REPUBLIKA.CO.ID, JAKARTA -- Direktur Eksekutif Komite Penghapusan Bensin Bertimbal Ahmad Safrudin menyatakan infeksi saluran pernafasan akut, asma, pneumonia hingga jantung koroner adalah penyakit yang diakibatkan dari udara yang tercemar.
"Kalau pagi-pagi kita bersin-bersin, ingus keluar terus itu bukan flu tetapi karena pencemaran udara," kata dia, Senin (14/1). Tak hanya itu polusi yang masuk ke pembuluh darah juga dapat menyebabkan jantung koroner.
Sementara itu ahli pencemaran udara dan lingkungan ITB Driejana mengatakan pencemaran udara dapat diukur dari kandungan PM 2.5, PM 10 dan ozone.
Paparan ozone dalam jangka panjang dapat menyebabkan penyakit kardiovaskular, masalah reproduksi dan masalah perkembangan. "Masalah perkembangan di sini terkait dengan tumbuh kembang anak," kata Driejana.
Polusi secara tidak disadari berdampak pada meningkatnya penyakit-penyakit tidak menular atau (katastropik) seperti kanker. Secara tidak langsung, masyarakat yang sakit akan membebani negara. Untuk itu mereka meminta adanya langkah serius untuk melakukan pengawasan dan pengelolaan pencemaran udara.
Pendiri Thamrin School of Climate and Sustainability Jala mengatakan pengawasan dapat dilakukan dengan pemeriksaan emisi gas kendaraan secara berkala.
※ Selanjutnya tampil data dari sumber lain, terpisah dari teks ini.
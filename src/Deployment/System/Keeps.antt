-- ===== src/Deployment/System/Keeps.antt =====
-- The operations that leave the log of events as it is, and the start, which appends to it.
use maoxx_os.Prelude.{
  ◌≤◌, ◌≡◌, refl, Bool, Option, none, some, List, String, ℕ, ok, arith, bind-ok, or_raise,
  or_raise-ok, gate_error, ◌>>=◌, ◌>>◌, Uuid, Time, Payload, Hashing,
}
use maoxx_os.Policy.Transition.Rank.{rank}
use maoxx_os.Tables.{
  Db, DeploymentIntent, DeploymentEvidence, DeploymentLock, DeploymentRollback,
  DeploymentExecutionAttempt, ApprovalRequest, ApprovalDecision,
}
use maoxx_os.Approval.Fields.{ApprovalFields}
use maoxx_os.Approval.Requests.{
  request_of_key, request_of_id, reuse_or_create, create_approval_request,
}
use maoxx_os.Approval.Decisions.{
  ApprovalCommand, Actor, commit_decision, new_decision, approval_identity_fingerprint,
  decide_request, record_approval_decision,
}
use maoxx_os.Deployment.Authority.{resolve_executor_identity}
use maoxx_os.Deployment.Intents.{intent_of_id}
use maoxx_os.Deployment.Evidence.{record_deployment_evidence}
use maoxx_os.Deployment.Staging.{invalidate_staging_acceptance}
use maoxx_os.Deployment.Bindings.{binding_of, link_rows, create_rollback_link}
use maoxx_os.Deployment.Lock.{
  ProductionLease, LockCall, acquire, acquire_checks, commit_lock, acquire_deployment_lock, owned,
  renew_owned, renew_deployment_lock, release_owned, release_deployment_lock,
}
use maoxx_os.Deployment.Start.{
  StartOutcome, IntentBody, StartCall, StartIds, attempt_of, authorize, deploying_state,
  start_transition, prepare, start_or_reconcile, start_production_deployment,
}
use maoxx_os.Deployment.Start.Laws.{prepare_lem}
use maoxx_os.Deployment.System.Appends.{Appends, same, appended}

-- The log is the same.
abbrev pub Keeps : Db → Db → Type 0
Keeps db after = after.deployment_state_events ≡ db.deployment_state_events

pub record_deployment_evidence-Keeps :
    (e : DeploymentEvidence) (db : Db) (r : DeploymentEvidence) (after : Db)
    → record_deployment_evidence e db ≡ ok (r, after)
    → Keeps db after
unfolding record_deployment_evidence
record_deployment_evidence-Keeps e db r after h = ground arith

pub invalidate_staging_acceptance-Keeps :
    (a : Uuid) (reason : String) (id : Uuid) (db after : Db)
    → invalidate_staging_acceptance a reason id db ≡ ok after
    → Keeps db after
unfolding invalidate_staging_acceptance
invalidate_staging_acceptance-Keeps a reason id db after h = ground arith

link_rows-Keeps :
    (r : DeploymentRollback) (db : Db) (i : Option DeploymentIntent) (a : DeploymentRollback)
    (after : Db)
    → link_rows r db i ≡ ok (a, after)
    → Keeps db after
unfolding link_rows
link_rows-Keeps r db none a after h = absurd (cc)
link_rows-Keeps r db (some i) a after h = ground arith

pub create_rollback_link-Keeps :
    (r : DeploymentRollback) (db : Db) (a : DeploymentRollback) (after : Db)
    → create_rollback_link r db ≡ ok (a, after)
    → Keeps db after
unfolding create_rollback_link
create_rollback_link-Keeps r db a after h =
    link_rows-Keeps r db (intent_of_id r.deployment_id db.deployment_intents) a after h

commit_lock-Keeps :
    (c : LockCall) (now : Time) (raced : Bool) (id : Uuid) (db : Db) (l : DeploymentLock × Payload)
    (lease : ProductionLease) (after : Db)
    → commit_lock c now raced id db l ≡ ok (lease, after)
    → Keeps db after
unfolding commit_lock
commit_lock-Keeps c now raced id db (l, payload) lease after h = ground arith

pub acquire_deployment_lock-Keeps :
    (c : LockCall) (domain : Option String) (now : Time) (raced : Bool) (id : Uuid) (db : Db)
    (lease : ProductionLease) (after : Db)
    → acquire_deployment_lock c domain now raced id db ≡ ok (lease, after)
    → Keeps db after
unfolding acquire_deployment_lock
acquire_deployment_lock-Keeps c domain now raced id db lease after h =
    let (l, _, h1) =
      bind-ok (acquire_checks c domain db >> acquire c now db.deployment_lock)
        (commit_lock c now raced id db) h in
    commit_lock-Keeps c now raced id db l lease after h1

renew_owned-Keeps :
    (c : LockCall) (token : ℕ) (now : Time) (id : Uuid) (db : Db) (o : Option DeploymentLock)
    (after : Db)
    → renew_owned c token now id db o ≡ ok after
    → Keeps db after
unfolding renew_owned
renew_owned-Keeps c token now id db none after h = absurd (cc)
renew_owned-Keeps c token now id db (some l) after h = ground arith

pub renew_deployment_lock-Keeps :
    (c : LockCall) (token : ℕ) (now : Time) (id : Uuid) (db after : Db)
    → renew_deployment_lock c token now id db ≡ ok after
    → Keeps db after
unfolding renew_deployment_lock
renew_deployment_lock-Keeps c token now id db after h =
    renew_owned-Keeps c token now id db (owned c token db.deployment_lock) after h

release_owned-Keeps :
    (c : LockCall) (token : ℕ) (now : Time) (id : Uuid) (db : Db) (o : Option DeploymentLock)
    (after : Db)
    → release_owned c token now id db o ≡ ok after
    → Keeps db after
unfolding release_owned
release_owned-Keeps c token now id db none after h = absurd (cc)
release_owned-Keeps c token now id db (some l) after h = ground arith

pub release_deployment_lock-Keeps :
    (c : LockCall) (token : ℕ) (now : Time) (id : Uuid) (db after : Db)
    → release_deployment_lock c token now id db ≡ ok after
    → Keeps db after
unfolding release_deployment_lock
release_deployment_lock-Keeps c token now id db after h =
    release_owned-Keeps c token now id db (owned c token db.deployment_lock) after h

reuse_or_create-Keeps :
    (f : ApprovalFields) (now : Time) (id : Uuid) (raced : List ApprovalRequest) (db : Db)
    (o : Option ApprovalRequest) (r : ApprovalRequest) (after : Db)
    → reuse_or_create f now id raced db o ≡ ok (r, after)
    → Keeps db after
unfolding reuse_or_create
reuse_or_create-Keeps f now id raced db none r after h = ground arith
reuse_or_create-Keeps f now id raced db (some e) r after h = ground arith

pub create_approval_request-Keeps :
    (f : ApprovalFields) (now : Time) (id : Uuid) (raced : List ApprovalRequest) (db : Db)
    (r : ApprovalRequest) (after : Db)
    → create_approval_request f now id raced db ≡ ok (r, after)
    → Keeps db after
unfolding create_approval_request
create_approval_request-Keeps f now id raced db r after h =
    reuse_or_create-Keeps f now id raced db (request_of_key f.idempotency_key db.approval_requests)
      r after (ground arith)

decide_request-Keeps :
    (o : Option ApprovalRequest) (d : ApprovalDecision) (a : Actor) (now : Time)
    (raced : List ApprovalDecision) (db : Db)
    → Keeps db (decide_request o d a now raced db).1
unfolding decide_request commit_decision
decide_request-Keeps none d a now raced db = refl
decide_request-Keeps (some r) d a now raced db = ground arith

deploying-low : (i : DeploymentIntent) → rank (deploying_state i) ≤ 6
unfolding deploying_state
deploying-low i = ground arith

module _ (hashing : Hashing) where
  pub record_approval_decision-Keeps :
      (fails : Bool) (command : ApprovalCommand) (actor : Actor) (now : Time) (id : Uuid)
      (raced : List ApprovalDecision) (db : Db)
      → Keeps db (record_approval_decision hashing fails command actor now id raced db).1
  unfolding record_approval_decision
  record_approval_decision-Keeps fails command actor now id raced db =
      let kept =
        decide_request-Keeps (request_of_id command.request_id db.approval_requests)
          (new_decision command actor (approval_identity_fingerprint hashing actor.actor_open_id)
            now id)
          actor now raced db in
      ground (arith, kept)

  module _ (json_dumps : IntentBody → String) where
    start_rows :
        (c : StartCall) (ids : StartIds) (now : Time) (i : DeploymentIntent) (db : Db)
        (o : Option DeploymentExecutionAttempt) (r : StartOutcome) (after : Db)
        → start_or_reconcile hashing json_dumps c ids now i db o ≡ ok (r, after)
        → Appends db.deployment_state_events after.deployment_state_events
    unfolding start_or_reconcile
    start_rows c ids now i db (some a) r after h = same (ground arith)
    start_rows c ids now i db none r after h =
        let ((request, decision), _, h1) =
          bind-ok
            (authorize c now i db (binding_of c.deployment_id db.deployment_approval_bindings))
            (prepare hashing json_dumps c ids now i db) h in
        let (_, started) =
          prepare_lem hashing json_dumps c ids now i db request decision r after h1 in
        appended (start_transition c i now) ids.event_id (deploying-low i) started.event

    pub start_production_deployment-Appends :
        (c : StartCall) (ids : StartIds) (now : Time) (db : Db) (r : StartOutcome) (after : Db)
        → start_production_deployment hashing json_dumps c ids now db ≡ ok (r, after)
        → Appends db.deployment_state_events after.deployment_state_events
    unfolding start_production_deployment
    start_production_deployment-Appends c ids now db r after h =
        let attempt = attempt_of c.deployment_id db.deployment_execution_attempts in
        let known = intent_of_id c.deployment_id db.deployment_intents in
        let (_, _, h1) =
          bind-ok (resolve_executor_identity c.owner_identity)
            (λ (_ : String). or_raise known (gate_error "unknown_deployment") >>= λ i.
              start_or_reconcile hashing json_dumps c ids now i db attempt)
            h in
        let (i, _, h2) =
          or_raise-ok known (gate_error "unknown_deployment")
            (λ i. start_or_reconcile hashing json_dumps c ids now i db attempt) h1 in
        start_rows c ids now i db attempt r after h2
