-- ===== src/Deployment/System/Outcomes.antt =====
-- What `create_rollback_link` of app/services/deployment_service.py reads of a log.
use maoxx_os.Prelude.{
  ◌≤◌, ◌≡◌, ◌≢◌, false, inl, inr, Bool-cases, ◌==◌, ◌!=◌, !=_false→≡, nat_eq, option_eq, Option,
  none, some, List, [], ◌∷◌, ok, arith, All, Uuid,
}
use maoxx_os.Policy.Transition.{DeploymentState, production_failed, state_eq}
use maoxx_os.Policy.Transition.Rank.{rank}
use maoxx_os.Tables.{Db, DeploymentIntent, DeploymentStateEvent, DeploymentRollback}
use maoxx_os.Deployment.Events.{newer, latest_state_event, state_of}
use maoxx_os.Deployment.Intents.{intent_of_id}
use maoxx_os.Deployment.Bindings.{link_rows, create_rollback_link}

-- What a bound on every row of a table says of the newest row.
abbrev Low : Option DeploymentStateEvent → Type 0
Low none = Unit
Low (some e) = rank e.to_state ≤ 6

newer-Low :
    (e : DeploymentStateEvent) (o : Option DeploymentStateEvent)
    → rank e.to_state ≤ 6
    → Low o
    → rank (newer e o).to_state ≤ 6
newer-Low e none low rest = low
newer-Low e (some f) low rest = ground arith

latest-Low :
    (d : Uuid) (es : List DeploymentStateEvent)
    → All (λ e. rank e.to_state ≤ 6) es
    → Low (latest_state_event d es)
unfolding latest_state_event
latest-Low d [] low = tt
latest-Low d (e ∷ es) low = elim (Bool-cases (e.deployment_id == d)) [
  | inl hit ↦ rw hit (newer-Low e (latest_state_event d es) low.0 (latest-Low d es low.1))
  | inr other ↦ rw other (latest-Low d es low.1)
]

some_injective : {s t : DeploymentState} → some s ≡ some t → s ≡ t
some_injective h = cc

Low-not_failed : (o : Option DeploymentStateEvent) → Low o → state_of o ≢ some production_failed
Low-not_failed none low h = cc
Low-not_failed (some e) low h =
    let seven : rank e.to_state ≡ 7 = rw (some_injective h) in ground arith

pub not_failed :
    (d : Uuid) (es : List DeploymentStateEvent)
    → All (λ e. rank e.to_state ≤ 6) es
    → state_of (latest_state_event d es) ≢ some production_failed
not_failed d es low = Low-not_failed (latest_state_event d es) (latest-Low d es low)

link_failed :
    (r : DeploymentRollback) (db : Db) (i : Option DeploymentIntent) (a : DeploymentRollback)
    (after : Db)
    → link_rows r db i ≡ ok (a, after)
    → (state_of (latest_state_event r.failed_deployment_id db.deployment_state_events)
        != some production_failed)
      ≡ false
unfolding link_rows
link_failed r db none a after h = absurd (cc)
link_failed r db (some i) a after h = ground arith

pub linked_failed :
    (r : DeploymentRollback) (db : Db) (a : DeploymentRollback) (after : Db)
    → create_rollback_link r db ≡ ok (a, after)
    → state_of (latest_state_event r.failed_deployment_id db.deployment_state_events)
      ≡ some production_failed
unfolding create_rollback_link
linked_failed r db a after h =
    !=_false→≡ (state_of (latest_state_event r.failed_deployment_id db.deployment_state_events))
      (some production_failed)
      (link_failed r db (intent_of_id r.deployment_id db.deployment_intents) a after h)
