-- ===== src/Deployment/System/Steps.antt =====
-- A run of the control plane: the operations of app/services/approval_service.py and
-- app/services/deployment_service.py in any order, each at any time and by any caller, from a database
-- that knows identities alone; and what holds of every database that a run reaches. Two steps stand for
-- writers outside of these files: identities are assigned, and the row of the lock is written in any way.
-- No code of the repository does the latter: an operator may, to reconcile a stale lock by hand.
use maoxx_os.Prelude.{
  ◌≤◌, ◌≡◌, ◌≢◌, refl, Bool, nat_eq, option_eq, Option, some, List, String, ℕ, ok, All, Uuid, Time,
  Hashing,
}
use maoxx_os.Policy.Transition.{state_eq}
use maoxx_os.Policy.Transition.Rank.{rank}
use maoxx_os.Tables.{
  Db, empty_db, Principal, ExternalIdentity, DeploymentIntent, DeploymentArtifact,
  DeploymentStateEvent, StagingAcceptance, DeploymentEvidence, DeploymentLock, DeploymentRollback,
  ApprovalRequest, ApprovalDecision, DeploymentApprovalBinding,
}
use maoxx_os.Approval.Fields.{ApprovalFields}
use maoxx_os.Approval.Requests.{create_approval_request}
use maoxx_os.Approval.Decisions.{ApprovalCommand, Actor, record_approval_decision}
use maoxx_os.Deployment.Authority.{VerifiedCiEvidence}
use maoxx_os.Deployment.Events.Log.{IsLog, append_state_event-IsLog, append_lem}
use maoxx_os.Deployment.Intents.{IntentFields, create_deployment_intent}
use maoxx_os.Deployment.Evidence.{record_deployment_evidence}
use maoxx_os.Deployment.Artifacts.{ArtifactFields, record_artifact}
use maoxx_os.Deployment.Staging.{
  begin_staging_deployment, record_staging_failure, AcceptanceFields, record_staging_acceptance,
  invalidate_staging_acceptance,
}
use maoxx_os.Deployment.Bindings.{
  BindingCall, BindingIds, create_bound_production_approval, create_rollback_link,
}
use maoxx_os.Deployment.Lock.{
  LockCall, ProductionLease, acquire_deployment_lock, renew_deployment_lock,
  release_deployment_lock,
}
use maoxx_os.Deployment.Start.{
  StartOutcome, IntentBody, StartCall, StartIds, start_production_deployment,
}
use maoxx_os.Deployment.System.Appends.{
  Appends, same, appended, begin_staging_deployment-Appends, record_staging_failure-Appends,
  record_staging_acceptance-Appends, create_deployment_intent-Appends,
  create_bound_production_approval-Appends, record_artifact-Appends,
}
use maoxx_os.Deployment.System.Outcomes.{not_failed, linked_failed}
use maoxx_os.Deployment.System.Keeps.{
  record_deployment_evidence-Keeps, invalidate_staging_acceptance-Keeps, create_rollback_link-Keeps,
  acquire_deployment_lock-Keeps, renew_deployment_lock-Keeps, release_deployment_lock-Keeps,
  create_approval_request-Keeps, record_approval_decision-Keeps,
  start_production_deployment-Appends,
}

module _ (hashing : Hashing) (json_dumps : IntentBody → String) where
  pub data Step (db : Db) : Db → Type 0 where
    intend :
        (f : IntentFields) (now : Time) (id event_id : Uuid) (raced : Bool) (i : DeploymentIntent)
        (after : Db)
        → create_deployment_intent hashing f now id event_id raced db ≡ ok (i, after)
        → Step db after
    build :
        (f : ArtifactFields) (answer : Option VerifiedCiEvidence) (now : Time) (id event_id : Uuid)
        (a : DeploymentArtifact) (after : Db)
        → record_artifact f answer now id event_id db ≡ ok (a, after)
        → Step db after
    stage :
        (d : Uuid) (actor : String) (now : Time) (event_id : Uuid) (after : Db)
        → begin_staging_deployment d actor now event_id db ≡ ok after
        → Step db after
    stage_fails :
        (d : Uuid) (actor code : String) (now : Time) (event_id : Uuid) (after : Db)
        → record_staging_failure d actor code now event_id db ≡ ok after
        → Step db after
    accept :
        (f : AcceptanceFields) (now : Time) (id event_id : Uuid) (a : StagingAcceptance)
        (after : Db)
        → record_staging_acceptance f now id event_id db ≡ ok (a, after)
        → Step db after
    invalidate :
        (acceptance_id : Uuid) (reason : String) (id : Uuid) (after : Db)
        → invalidate_staging_acceptance acceptance_id reason id db ≡ ok after
        → Step db after
    bind :
        (c : BindingCall) (now : Time) (ids : BindingIds) (raced : List ApprovalRequest)
        (b : ApprovalRequest × DeploymentApprovalBinding) (after : Db)
        → create_bound_production_approval hashing c now ids raced db ≡ ok (b, after)
        → Step db after
    request :
        (f : ApprovalFields) (now : Time) (id : Uuid) (raced : List ApprovalRequest)
        (r : ApprovalRequest) (after : Db)
        → create_approval_request f now id raced db ≡ ok (r, after)
        → Step db after
    decide :
        (fails : Bool) (command : ApprovalCommand) (actor : Actor) (now : Time) (id : Uuid)
        (raced : List ApprovalDecision)
        → Step db (record_approval_decision hashing fails command actor now id raced db).1
    witness :
        (e r : DeploymentEvidence) (after : Db)
        → record_deployment_evidence e db ≡ ok (r, after)
        → Step db after
    lock :
        (c : LockCall) (domain : Option String) (now : Time) (raced : Bool) (id : Uuid)
        (lease : ProductionLease) (after : Db)
        → acquire_deployment_lock c domain now raced id db ≡ ok (lease, after)
        → Step db after
    renew :
        (c : LockCall) (token : ℕ) (now : Time) (id : Uuid) (after : Db)
        → renew_deployment_lock c token now id db ≡ ok after
        → Step db after
    release :
        (c : LockCall) (token : ℕ) (now : Time) (id : Uuid) (after : Db)
        → release_deployment_lock c token now id db ≡ ok after
        → Step db after
    launch :
        (c : StartCall) (ids : StartIds) (now : Time) (o : StartOutcome) (after : Db)
        → start_production_deployment hashing json_dumps c ids now db ≡ ok (o, after)
        → Step db after
    link :
        (r a : DeploymentRollback) (after : Db)
        → create_rollback_link r db ≡ ok (a, after)
        → Step db after
    identify :
        (ps : List Principal) (es : List ExternalIdentity)
        → Step db (record db { principals = ps; external_identities = es })
    write_lock : (l : DeploymentLock) → Step db (record db { deployment_lock = some l })

  pub data Reach : Db → Type 0 where
    start :
        (ps : List Principal) (es : List ExternalIdentity)
        → Reach (record empty_db { principals = ps; external_identities = es })
    then_step : (db after : Db) → Reach db → Step db after → Reach after

  Step-Appends :
      (db after : Db)
      → Step db after
      → Appends db.deployment_state_events after.deployment_state_events
  Step-Appends db _ (intend f now id e raced i after h) =
      create_deployment_intent-Appends hashing f now id e raced db i after h
  Step-Appends db _ (build f answer now id e a after h) =
      record_artifact-Appends f answer now id e db a after h
  Step-Appends db _ (stage d actor now e after h) =
      begin_staging_deployment-Appends d actor now e db after h
  Step-Appends db _ (stage_fails d actor code now e after h) =
      record_staging_failure-Appends d actor code now e db after h
  Step-Appends db _ (accept f now id e a after h) =
      record_staging_acceptance-Appends f now id e db a after h
  Step-Appends db _ (invalidate a reason id after h) =
      same (invalidate_staging_acceptance-Keeps a reason id db after h)
  Step-Appends db _ (bind c now ids raced b after h) =
      create_bound_production_approval-Appends hashing c now ids raced db b after h
  Step-Appends db _ (request f now id raced r after h) =
      same (create_approval_request-Keeps f now id raced db r after h)
  Step-Appends db _ (decide fails command actor now id raced) =
      same (record_approval_decision-Keeps hashing fails command actor now id raced db)
  Step-Appends db _ (witness e r after h) = same (record_deployment_evidence-Keeps e db r after h)
  Step-Appends db _ (lock c domain now raced id lease after h) =
      same (acquire_deployment_lock-Keeps c domain now raced id db lease after h)
  Step-Appends db _ (renew c token now id after h) =
      same (renew_deployment_lock-Keeps c token now id db after h)
  Step-Appends db _ (release c token now id after h) =
      same (release_deployment_lock-Keeps c token now id db after h)
  Step-Appends db _ (launch c ids now o after h) =
      start_production_deployment-Appends hashing json_dumps c ids now db o after h
  Step-Appends db _ (link r a after h) = same (create_rollback_link-Keeps r db a after h)
  Step-Appends db _ (identify ps es) = same refl
  Step-Appends db _ (write_lock l) = same refl

  -- The log, and that no event of it is the outcome of a deployment.
  abbrev Sound : List DeploymentStateEvent → Type 0
  Sound es = IsLog es × All (λ e. rank e.to_state ≤ 6) es

  Appends-Sound :
      (before after : List DeploymentStateEvent) → Appends before after → Sound before → Sound after
  Appends-Sound before after (same e) s = rw e s
  Appends-Sound before after (appended t id low h) s =
      let (written, _) = append_lem t id before after h in
      (append_state_event-IsLog t id before after h s.0, rw written (low, s.1))

  Reach-Sound : (db : Db) → Reach db → Sound db.deployment_state_events
  Reach-Sound _ (start ps es) = (tt, tt)
  Reach-Sound _ (then_step db after r s) =
      Appends-Sound db.deployment_state_events after.deployment_state_events
        (Step-Appends db after s) (Reach-Sound db r)

  -- On every database that a run reaches, the state events are a log: each follows the newest one
  -- before it, of its deployment, by the next number and by a legal step.
  pub Reach-IsLog : (db : Db) → Reach db → IsLog db.deployment_state_events
  Reach-IsLog db r = (Reach-Sound db r).0

  -- No run ever links a rollback: the link asks for a deployment whose newest state is
  -- PRODUCTION_FAILED, and no operation that is called records the outcome of a deployment.
  pub Reach-create_rollback_link :
      (db : Db)
      → Reach db
      → (r a : DeploymentRollback) (after : Db) → create_rollback_link r db ≢ ok (a, after)
  Reach-create_rollback_link db reached r a after h =
      let failed = linked_failed r db a after h in
      not_failed r.failed_deployment_id db.deployment_state_events (Reach-Sound db reached).1 failed
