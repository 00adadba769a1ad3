-- ===== src/Feishu.antt =====
-- The Feishu side of the control plane.
pub mod Authorization
pub mod Delivery
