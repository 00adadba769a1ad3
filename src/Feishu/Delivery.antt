-- ===== src/Feishu/Delivery.antt =====
-- `deliver_with_retry` of app/services/feishu_delivery.py. What the `i`th call of `send_once` gives is an
-- argument, and so is the jitter that is drawn behind it. Times are in microseconds; a backoff below 0,
-- which the function refuses, is not a number here.
pub mod Laws
use maoxx_os.Prelude.{
  ℕ, zero, suc, ◌+◌, ◌-◌, ◌*◌, ◌^◌, ◌≤◌, ◌<◌, ◌≡◌, ◌↔◌, refl, String, Bool, true, false, not, ◌||◌,
  Option, none, some, List, [], ◌∷◌, Result, ok, err, value_error, other_exception, raise_if, ◌>>◌,
  ◌>>=◌, elem, ltb, nat_eq, if◌then◌else◌, arith, Bool-cases, inl, inr, Time,
}

pub data Sending : Type 0 where
  -- TimeoutError, ConnectionError or OSError; and any other exception
  transport broken : Sending
  -- `response.success()`, with what `message_id_of` reads
  success : Option String → Sending
  -- `response.code`
  refused : ℕ → Sending

pub record DeliveryResult : Type 0 where
  pub sent : Bool
  pub attempts : ℕ
  pub failure_reason : Option String
  pub message_id : Option String

abbrev pub transient_response_codes : List ℕ
transient_response_codes = 99991400 ∷ 99991663 ∷ []

abbrev pub undelivered : ℕ → String → DeliveryResult
undelivered attempt reason = record {
  sent = false;
  attempts = attempt;
  failure_reason = some reason;
  message_id = none;
}

-- What comes of one call: the function's result, or another attempt, or the exception.
pub data Verdict : Type 0 where
  ends : DeliveryResult → Verdict
  raises again : Verdict

unfoldable pub judge : Bool → ℕ → Sending → Verdict
judge final attempt transport =
    if final then ends (undelivered attempt "transport_error") else again
judge final attempt broken = raises
judge final attempt (success message_id) =
    ends
      (record { sent = true; attempts = attempt; failure_reason = none; message_id = message_id })
judge final attempt (refused code) =
    if not (elem code transient_response_codes)
    then ends (undelivered attempt "permanent_error")
    else if final
    then ends (undelivered attempt "rate_limited")
    else again

-- `sleep(delay + (delay * random_value()))`, at the jitter that is drawn
abbrev pub pause : ℕ → (ℕ → ℕ) → ℕ → Time
pause backoff jitter attempt = backoff * 2 ^ (attempt - 1) + jitter attempt

module _ (send_once : ℕ → Sending) (backoff : ℕ) (jitter : ℕ → ℕ) where
  -- By the verdict; `rest` is what further attempts come to, and how long they sleep.
  abbrev pub go_on : ℕ → Verdict → Result (DeliveryResult × Time) → Result (DeliveryResult × Time)
  go_on attempt (ends r) rest = ok (r, 0)
  go_on attempt raises rest = err other_exception
  go_on attempt again (err e) = err e
  go_on attempt again (ok (r, slept)) = ok (r, pause backoff jitter attempt + slept)

  -- The loop from an attempt on, which `left` more may follow.
  unfoldable pub deliver_from : ℕ → ℕ → Result (DeliveryResult × Time)
  deliver_from zero attempt =
      go_on attempt (judge true attempt (send_once attempt)) (err other_exception)
  deliver_from (suc left) attempt =
      go_on attempt (judge false attempt (send_once attempt)) (deliver_from left (suc attempt))

  unfoldable pub deliver_with_retry : ℕ → Result (DeliveryResult × Time)
  deliver_with_retry max_attempts =
      raise_if (ltb max_attempts 1) (value_error "max_attempts must be at least 1")
      >> deliver_from (max_attempts - 1) 1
Kemudian melakukan pemantauan polusi udara pada sektor industri.
Pemerintah juga harus merevisi Peraturan Pemerintah No. 41 Tahun 1999 tentang Pengendalian Pencemaran Udara. Serta Peraturan Mentari Lingkungan Hidup No.21 Tahun 2008 tentang Baku Mutu Emisi Tidak Bergerak Bagi Usaha dan/atau Kegiatan Pembangkit Tenaga Listrik Termal (Peraturan Menteri LH No. 21 Tahun 2008).
Instrumen pengendalian pencemaran udara yang baru dari revisi kebijakan tersebut diharapkan bisa menekan pencemaran udara di Jakarta dan daerah lainnya.
Namun sayangnya agenda perubahan kebijakan pengendalian pencemaran udara ini, belum terlihat kelanjutannya di level nasional.